START MATERIAL FOR THE TASK

-- ===== src/CloudHypervisor/Pool/Bounds.antt =====
-- pkg/driver/cloudhypervisor/pool.go: the bounds of the VMM pool, and that it loses no VMM, under
-- every interleaving.
use vessel.Prelude.{ℕ, suc, ◌≤◌, ◌<◌, true, List, [], ◌∷◌, ◌≡◌, refl, subst, ◌∙◌, arith, length}
use vessel.Prelude.Int.{ℤ, pos_part}
use vessel.CloudHypervisor.Pool.{
  Pool, Refiller, checking, spawning, leaving, holding, System, Move, takes, init, step, run,
}
use vessel.CloudHypervisor.Pool.Invariant.{Refilling, places, init-IsSound, run-IsSound}

-- how many refill goroutines there are
abbrev pub goroutines : List Refiller → ℕ
goroutines [] = 0
goroutines (r ∷ rs) = suc (goroutines rs)

bounded : (rs : List Refiller) (p : Pool) → Refilling rs p → length p.idle ≤ pos_part p.target
bounded [] p h = h.1
bounded (checking ∷ []) p h = h.1
bounded (spawning ∷ []) p h = omega arith
bounded (leaving ∷ []) p h = h.1
bounded (holding x ∷ []) p h = omega arith
bounded (r ∷ r' ∷ rs) p h = absurd h

at_most_one : (rs : List Refiller) (p : Pool) → Refilling rs p → goroutines rs ≤ 1
at_most_one [] p h = omega arith
at_most_one (r ∷ []) p h = omega arith
at_most_one (r ∷ r' ∷ rs) p h = absurd h

step-target : (m : Move) (s : System) → (step m s).pool.target ≡ s.pool.target
unfolding step
step-target takes s = ground arith
step-target _ s = ground arith

run-target : (ms : List Move) (s : System) → (run ms s).pool.target ≡ s.pool.target
unfolding run
run-target [] s = refl
run-target (m ∷ ms) s = run-target ms (step m s) ∙ step-target m s

-- Under every interleaving of `get`, `kickRefill`, refill goroutines and `close`, from a new pool:
-- it never holds more idle VMMs than its target, none at all once it is closed, and at most one
-- refill goroutine runs.
pub pool_bounded :
    (target : ℤ) (ms : List Move)
    → let s = run ms (init target) in
      (length s.pool.idle ≤ pos_part target)
      × (s.pool.closed ≡ true → s.pool.idle ≡ [])
      × (goroutines s.refillers ≤ 1)
pool_bounded target ms =
    let s = run ms (init target) in
    let v = run-IsSound ms (init target) (init-IsSound target) in
    let kept : s.pool.target ≡ target = unfold init in run-target ms (init target) in
    (
      subst (λ (t : ℤ). length s.pool.idle ≤ pos_part t) kept (bounded s.refillers s.pool v.refill),
      v.closed_empty,
      at_most_one s.refillers s.pool v.refill,
    )

-- Under every interleaving no VMM is lost and none is used twice: each one that was spawned is in
-- exactly one place, once (idle, held by the refill goroutine, handed to a caller, taken out by
-- `close`, or killed), and nothing else is in any place.
pub pool_conserves :
    (target : ℤ) (ms : List Move) (h : ℕ)
    → let s = run ms (init target) in (h < s.next → places h s ≡ 1) × (s.next ≤ h → places h s ≡ 0)
pool_conserves target ms h =
    let v = run-IsSound ms (init target) (init-IsSound target) in
    (λ lt. ground (arith, v.placed h), λ le. ground (arith, v.placed h))
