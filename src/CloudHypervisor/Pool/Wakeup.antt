-- ===== src/CloudHypervisor/Pool/Wakeup.antt =====
-- pkg/driver/cloudhypervisor/pool.go: a `get` whose refill is lost.
use vessel.Prelude.{ℕ, ◌<◌, true, false, List, [], ◌∷◌, ◌≡◌, arith, length}
use vessel.Prelude.Int.{pos, pos_part}
use vessel.CloudHypervisor.Pool.{
  leaving, System, takes, kicks, checks, spawns, deposits, leaves, init, run,
}

-- Where a full pool that is open has its refill goroutine past its last check, a `get` takes an
-- idle VMM and starts no refill, since one is still marked as running: when that goroutine has
-- left, the pool is below its target and nothing refills it.
pub get-loses_refill :
    (s : System) (h : ℕ) (rest : List ℕ)
    → s.refillers ≡ leaving ∷ []
    → s.pool.refilling ≡ true
    → s.pool.idle ≡ h ∷ rest
    → length (h ∷ rest) ≡ pos_part s.pool.target
    → let t = run (takes ∷ kicks ∷ leaves 0 ∷ []) s in
      (t.handed ≡ h ∷ s.handed)
      × (length t.pool.idle < pos_part t.pool.target)
      × (t.refillers ≡ [])
      × (t.pool.refilling ≡ false)
unfolding run
get-loses_refill s h rest leaves_now marked full whole =
    (ground arith, ground arith, ground arith, ground arith)

-- such a pool is reached: one VMM was spawned, and the second check found the pool full
abbrev pub full_pool : System
full_pool = run (kicks ∷ checks 0 ∷ spawns 0 true ∷ deposits 0 ∷ checks 0 ∷ []) (init (pos 1))
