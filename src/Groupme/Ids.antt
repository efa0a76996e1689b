-- ===== src/Groupme/Ids.antt =====
-- Identifiers, phone numbers and status codes: pkg/groupmeclient/data_types.go.
pub mod Regex
pub mod Language
use Prim.Native.String.{[], ◌∷◌}
use Prim.Native.Char.{code}
use matrix_groupme_bridge.Prelude.{
  ℕ, zero, suc, String, Bool, true, false, ◌&&◌, ◌||◌, eqb, leb, if◌then◌else◌, all_chars,
}

unfoldable pub is_digit : ℕ → Bool
is_digit c = leb b'0' c && leb c b'9'

unfoldable pub is_alphanumeric : ℕ → Bool
unfolding is_digit
is_alphanumeric c = is_digit c || (leb b'a' c && leb c b'z') || (leb b'A' c && leb c b'Z')

-- `ID.Valid`: ^[a-zA-Z0-9]+$
unfoldable pub id_valid : String → Bool
unfolding is_alphanumeric
id_valid [] = false
id_valid (c ∷ s) = all_chars (λ d. is_alphanumeric (code d)) (c ∷ s)

-- \d{n}$
unfoldable pub exact_digits : ℕ → String → Bool
unfolding is_digit
exact_digits zero [] = true
exact_digits zero (c ∷ s) = false
exact_digits (suc n) [] = false
exact_digits (suc n) (c ∷ s) = let rest = exact_digits n s in is_digit (code c) && rest

-- \d* \d{10}$
unfoldable pub country_digits : String → Bool
unfolding exact_digits
country_digits [] = false
country_digits (c ∷ s) =
    let rest = country_digits s in
    if eqb (code c) b' ' then exact_digits 10 s else (is_digit (code c) && rest)

-- \d+ \d{10}$
unfoldable pub first_digit : String → Bool
unfolding country_digits
first_digit [] = false
first_digit (c ∷ s) = is_digit (code c) && country_digits s

-- `PhoneNumber.Valid`: ^\+\d+ \d{10}$
unfoldable pub phone_valid : String → Bool
unfolding first_digit
phone_valid [] = false
phone_valid (c ∷ s) = eqb (code c) b'+' && first_digit s

-- `HTTPStatusCode.String`: a code that is not in the table has the empty description.
unfoldable pub status_text : ℕ → String
status_text code =
    if eqb code 200
    then "success"
    else if eqb code 201
    then "resource was created successfully"
    else if eqb code 204
    then "resource was deleted successfully"
    else if eqb code 304
    then "no new data to return"
    else if eqb code 400
    then "invalid format or data specified in the request"
    else if eqb code 401
    then "authentication credentials missing or incorrect"
    else if eqb code 403
    then "request refused due to update limits"
    else if eqb code 404
    then "URI is invalid or resource does not exist"
    else if eqb code 420
    then "application is being rate limited"
    else if eqb code 500
    then "something unexpected occurred"
    else if eqb code 502
    then "GroupMe is down or being upgraded"
    else if eqb code 503
    then "servers are overloaded, try again later"
    else ""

END MATERIAL FOR THE TASK

■ WHAT THE TASK REQUIRES ■
Every line of the data that includes the word "System" should be copied.

■ RESULT OF THIS TASK ■
  Pool, Refiller, checking, spawning, leaving, holding, System, Move, takes, init, step, run,
step-target : (m : Move) (s : System) → (step m s).pool.target ≡ s.pool.target
run-target : (ms : List Move) (s : System) → (run ms s).pool.target ≡ s.pool.target
  leaving, System, takes, kicks, checks, spawns, deposits, leaves, init, run,
    (s : System) (h : ℕ) (rest : List ℕ)
abbrev pub full_pool : System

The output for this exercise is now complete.